Will the 97% of people who do haven’t said no to the desire to “use my data” for purposes beyond their direct care be able to see how their data is used? How confident are NHSX, DHSC and NHS England that what they tell the public this time will be matched by what NHS Digital is told to do, and what it actually does?

Information will be provided to the public about care.data 2; the question is whether NHS England and DHSC tell people, or we do. As before, medConfidential will tell people the truth, with evidence – whereas Matt Hancock’s choices in the recent election suggest he may choose a lower standard.

There are of course legitimate reasons to use patient data, especially the data of people who wish it to be used. If the programme is consensual, safe, and transparent, then it will be scrutinised and the outcome can be positive – will you know how your data is used, and how your choices are implemented? Do you have the facts you need in order to make an informed decision on how your and your family’s health data is used?

The opt-out model of Organ Donation

We are approaching half-way through the communications period for organ donation in England to become an opt-out rather than an opt-in process.

medConfidential has not yet seen any figures published for the effectiveness of this national communications campaign – nor how many people have taken action as a result, both opt-outs and explicit opt-ins – but those ads we have seen so far have all been vague and non-specific.

The memories of Alder Hey haven’t faded, and we sincerely hope DH / NHSBT ‘step up a gear’ so people really can make an informed choice before death, and avoid unnecessary stress and suffering for their loved ones.
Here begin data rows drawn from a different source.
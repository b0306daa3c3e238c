-- ===== src/Policy/Evaluate.antt =====
-- crates/serctl_policy/src/lib.rs: `evaluate_intent`, the checks of an intent against a compiled
-- policy, and the explanation that `CompiledPolicy` gives of their outcome.
use serctl.Common.{
  Bytes, Result, none, some, true, false, ok, err, [], ℕ, Option, set_contains, min, List,
  set_insert, Bool, ◌>>=◌, ◌+◌, ◌∷◌, ◌>>◌, ◌&&◌, ensure, any, ◌^◌, leb, not, is_empty, length, ◌==◌,
  ◌-◌, has_control, ◌||◌, all,
}
use serctl.Policy.Defs.{
  fs_list, fs_read, process_inspect, fs_write_new, transfer_read, transfer_write, process_run,
  allowed, TypedIntent, Capability, EffectiveLimits, PolicyIr, CompiledPolicy, RunAs, ReasonCode,
  IntentPath, NormalizedPath, Explanation, EnvVar, text_key, intent_shape_mismatch, capability_key,
  max_arg_bytes, max_env_name_bytes, max_program_bytes, intent_environment_denied,
  intent_deadline_invalid, intent_schema_version, intent_capability_denied,
  intent_argument_limit_exceeded, max_env_value_bytes, intent_deadline_exceeded, schema_unsupported,
  run_as_key, intent_environment_limit_exceeded, max_arg_count, intent_identity_denied,
  invariant_control_character, max_arg_total_bytes, intent_budget_invalid, intent_program_denied,
  invariant_shell_command_flag, max_env_count, intent_budget_exceeded, max_env_total_bytes,
  intent_path_denied, max_path_count, intent_path_limit_exceeded, max_path_bytes,
}
use serctl.Policy.Names.{validate_run_as, is_shell_command_flag, normalize_env_key}
use serctl.Policy.Compile.{normalize_selected_program, collect_results}
use serctl.Policy.Paths.{normalize_path, path_prefix_matches}

unfoldable pub validate_intent_identity : RunAs → Result ReasonCode (Unit {0})
unfolding validate_run_as
validate_intent_identity run_as = validate_run_as run_as >>= λ _. ok tt

-- `saturating_add` of a `usize`
abbrev pub saturating_add : ℕ → ℕ → ℕ
saturating_add a b = min (a + b) (2 ^ 64 - 1)

-- the loop over the arguments: their bytes, added to those before
unfoldable pub validate_arguments : ℕ → List Bytes → Result ReasonCode ℕ
unfolding is_shell_command_flag
validate_arguments argument_bytes [] = ok argument_bytes
validate_arguments argument_bytes (argument ∷ argv) = do
  ensure (leb (length argument) max_arg_bytes) intent_argument_limit_exceeded
  ensure (not (has_control argument)) invariant_control_character
  ensure (not (is_shell_command_flag argument)) invariant_shell_command_flag
  validate_arguments (saturating_add argument_bytes (length argument)) argv

-- the loop over the environment variables
unfoldable pub validate_variables : ℕ → List EnvVar → Result ReasonCode ℕ
validate_variables env_bytes [] = ok env_bytes
validate_variables env_bytes (variable ∷ env) = do
  ensure
      (leb (length variable.name) max_env_name_bytes
        && leb (length variable.value) max_env_value_bytes)
      intent_environment_limit_exceeded
  ensure (not (has_control variable.name || has_control variable.value)) invariant_control_character
  validate_variables
      (saturating_add (saturating_add env_bytes (length variable.name)) (length variable.value)) env

unfoldable pub validate_intent_collections : TypedIntent → Result ReasonCode (Unit {0})
unfolding validate_arguments validate_variables
validate_intent_collections intent = do
  ensure
      (elim intent.program [ none ↦ true | some program ↦ leb (length program) max_program_bytes ])
      intent_argument_limit_exceeded
  ensure (leb (length intent.argv) max_arg_count) intent_argument_limit_exceeded
  argument_bytes ← validate_arguments 0 intent.argv
  ensure (leb argument_bytes max_arg_total_bytes) intent_argument_limit_exceeded
  ensure (leb (length intent.env) max_env_count) intent_environment_limit_exceeded
  env_bytes ← validate_variables 0 intent.env
  ensure (leb env_bytes max_env_total_bytes) intent_environment_limit_exceeded
  ensure (leb (length intent.paths) max_path_count) intent_path_limit_exceeded
  ensure (all (λ path. leb (length path.value) max_path_bytes) intent.paths)
      intent_path_limit_exceeded

-- `as_deref().map(…).transpose()`
unfoldable pub normalize_program : Option Bytes → Result ReasonCode (Option Bytes)
unfolding normalize_selected_program
normalize_program none = ok none
normalize_program (some program) = normalize_selected_program program >>= λ name. ok (some name)

-- the loop that collects the names of the environment variables
unfoldable pub normalize_env_names : List EnvVar → List Bytes → Result ReasonCode (List Bytes)
unfolding normalize_env_key set_contains set_insert
normalize_env_names [] names = ok names
normalize_env_names (variable ∷ env) names = do
  key ← normalize_env_key variable.name
  ensure (not (set_contains text_key key names)) intent_environment_denied
  normalize_env_names env (set_insert text_key key names)

unfoldable pub normalize_intent_path : IntentPath → Result ReasonCode NormalizedPath
unfolding normalize_path
normalize_intent_path path = normalize_path path.flavor path.value >>= λ normalized.
    ok (record { flavor = path.flavor; value = normalized })

unfoldable pub has_no_process : TypedIntent → Bool
has_no_process intent =
    elim intent.program [ none ↦ true | some _ ↦ false ]
    && is_empty intent.argv
    && is_empty intent.env

unfoldable pub has_intent_shape : Capability → TypedIntent → Bool
unfolding has_no_process
has_intent_shape fs_list intent = has_no_process intent && length intent.paths == 1
has_intent_shape fs_read intent = has_no_process intent && length intent.paths == 1
has_intent_shape fs_write_new intent = has_no_process intent && length intent.paths == 1
has_intent_shape transfer_read intent = has_no_process intent && length intent.paths == 1
has_intent_shape transfer_write intent = has_no_process intent && length intent.paths == 1
has_intent_shape process_inspect intent = has_no_process intent && is_empty intent.paths
has_intent_shape process_run intent =
    elim intent.program [ none ↦ false | some _ ↦ true ] && leb (length intent.paths) 1

unfoldable pub validate_intent_shape : TypedIntent → Result ReasonCode (Unit {0})
unfolding has_intent_shape
validate_intent_shape intent =
    ensure (has_intent_shape intent.capability intent) intent_shape_mismatch

unfoldable pub validate_intent_deadline_and_budget :
    EffectiveLimits → TypedIntent → Result ReasonCode (Unit {0})
validate_intent_deadline_and_budget limits intent = do
  ensure (not (intent.deadline_ms == 0)) intent_deadline_invalid
  ensure (leb intent.deadline_ms limits.max_deadline_ms) intent_deadline_exceeded
  ensure (not (intent.budget.parallel == 0 || intent.budget.operations == 0)) intent_budget_invalid
  ensure
      (leb intent.budget.bytes limits.max_bytes
        && leb intent.budget.output_bytes limits.max_output_bytes
        && leb intent.budget.parallel limits.max_parallel
        && leb intent.budget.operations limits.max_operations)
      intent_budget_exceeded

-- What the checks before the policy is looked at find.
pub record Normalized : Type 0 where
  pub program : Option Bytes
  pub env_names : List Bytes
  pub paths : List NormalizedPath

-- the checks of `evaluate_intent` that do not look at the policy
unfoldable pub normalize_intent : TypedIntent → Result ReasonCode Normalized
unfolding validate_intent_identity validate_intent_collections normalize_program normalize_env_names
    collect_results normalize_intent_path validate_intent_shape
normalize_intent intent = do
  ensure (intent.schema_version == intent_schema_version) schema_unsupported
  validate_intent_identity intent.run_as
  validate_intent_collections intent
  program ← normalize_program intent.program
  env_names ← normalize_env_names intent.env []
  paths ← collect_results normalize_intent_path intent.paths
  validate_intent_shape intent
  ok (record { program = program; env_names = env_names; paths = paths })

unfoldable pub is_path_allowed : PolicyIr → NormalizedPath → Bool
unfolding path_prefix_matches
is_path_allowed ir path =
    any (λ prefix. path_prefix_matches prefix path) ir.allowed_paths
    && not (any (λ prefix. path_prefix_matches prefix path) ir.denied_paths)

unfoldable pub is_program_allowed : PolicyIr → Option Bytes → Bool
unfolding set_contains
is_program_allowed ir none = true
is_program_allowed ir (some program) = set_contains text_key program ir.process_programs

-- the rest of `evaluate_intent`
unfoldable pub check_policy : PolicyIr → TypedIntent → Normalized → Result ReasonCode (Unit {0})
unfolding set_contains validate_intent_deadline_and_budget is_program_allowed is_path_allowed
check_policy ir intent found = do
  ensure (set_contains capability_key intent.capability ir.capabilities) intent_capability_denied
  ensure (set_contains run_as_key intent.run_as ir.run_as) intent_identity_denied
  validate_intent_deadline_and_budget ir.limits intent
  ensure (is_program_allowed ir found.program) intent_program_denied
  ensure (all (λ key. set_contains text_key key ir.process_env_keys) found.env_names)
      intent_environment_denied
  ensure (all (is_path_allowed ir) found.paths) intent_path_denied

unfoldable pub evaluate_intent : PolicyIr → TypedIntent → Result ReasonCode (Unit {0})
unfolding normalize_intent check_policy
evaluate_intent ir intent = normalize_intent intent >>= check_policy ir intent

unfoldable pub explain : CompiledPolicy → TypedIntent → Explanation
unfolding evaluate_intent
explain policy intent = elim (evaluate_intent policy.ir intent) [
  | err code ↦ record { is_allowed = false; reason_code = code; policy_digest = policy.digest }
  | ok _ ↦ record { is_allowed = true; reason_code = allowed; policy_digest = policy.digest }
]

-- another name of `explain`
unfoldable pub dry_run : CompiledPolicy → TypedIntent → Explanation
unfolding explain
dry_run policy intent = explain policy intent
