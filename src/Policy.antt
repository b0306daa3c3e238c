-- ===== src/Policy.antt =====
-- crates/serctl_policy/src/lib.rs: policies that only narrow a base template, and typed intents.
mod Defs
mod Names
mod Paths
mod Compile
mod Evaluate
mod Steps
mod Bounds
mod Keys
mod Permits
mod Ceiling
mod Deny
mod Order
mod Reasons
mod Invariants
mod Slashes
mod Local
mod NormalForm
mod Tests
unfoldable pub use Defs.*
unfoldable pub use Names.*
unfoldable pub use Paths.*
unfoldable pub use Compile.*
unfoldable pub use Evaluate.*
How the communication of the organ donation opt-out programme succeeds or fails will likely demonstrate whether the care.data2 process will succeed or fail too. With luck, the Secretary of State won’t be in so much of a rush to grab your medical records that, in haste, he undermines organ donation too.

As has always been the case, NHS England and DHSC could have a data system that is consensual, safe, and transparent. The question is whether they will duck the hard choices and make you pick up the pieces they wanted to avoid.

The Home Office

With the Government proposing to move Immigration and Borders responsibilities out of the Home Office, a decision will be required on what happens to all of the toxic soup of data agreements between the Secretary of State and the Home Department for those purposes. 

While still meeting the obligation of transparency, simply cloning and rubber-stamping each data sharing agreement for such purposes would be a terrible outcome. We may yet see improvements on the toxic legacy of the last nine years under the previous Prime Minister’s worldview – but this will require significant changes, notwithstanding cancellation.

If the data flows do continue, then this Prime Minister is clearly not interested in solving the problem that sees his Government threatening to deport scientists due to a Government typo. Number 10 will either decide to fix this as part of its Machinery of Government change, or it will decide to keep things as they are. The message will be clear either way.


This post is the latest in an irregular series of updates posted in 2014, 2015 and 2016.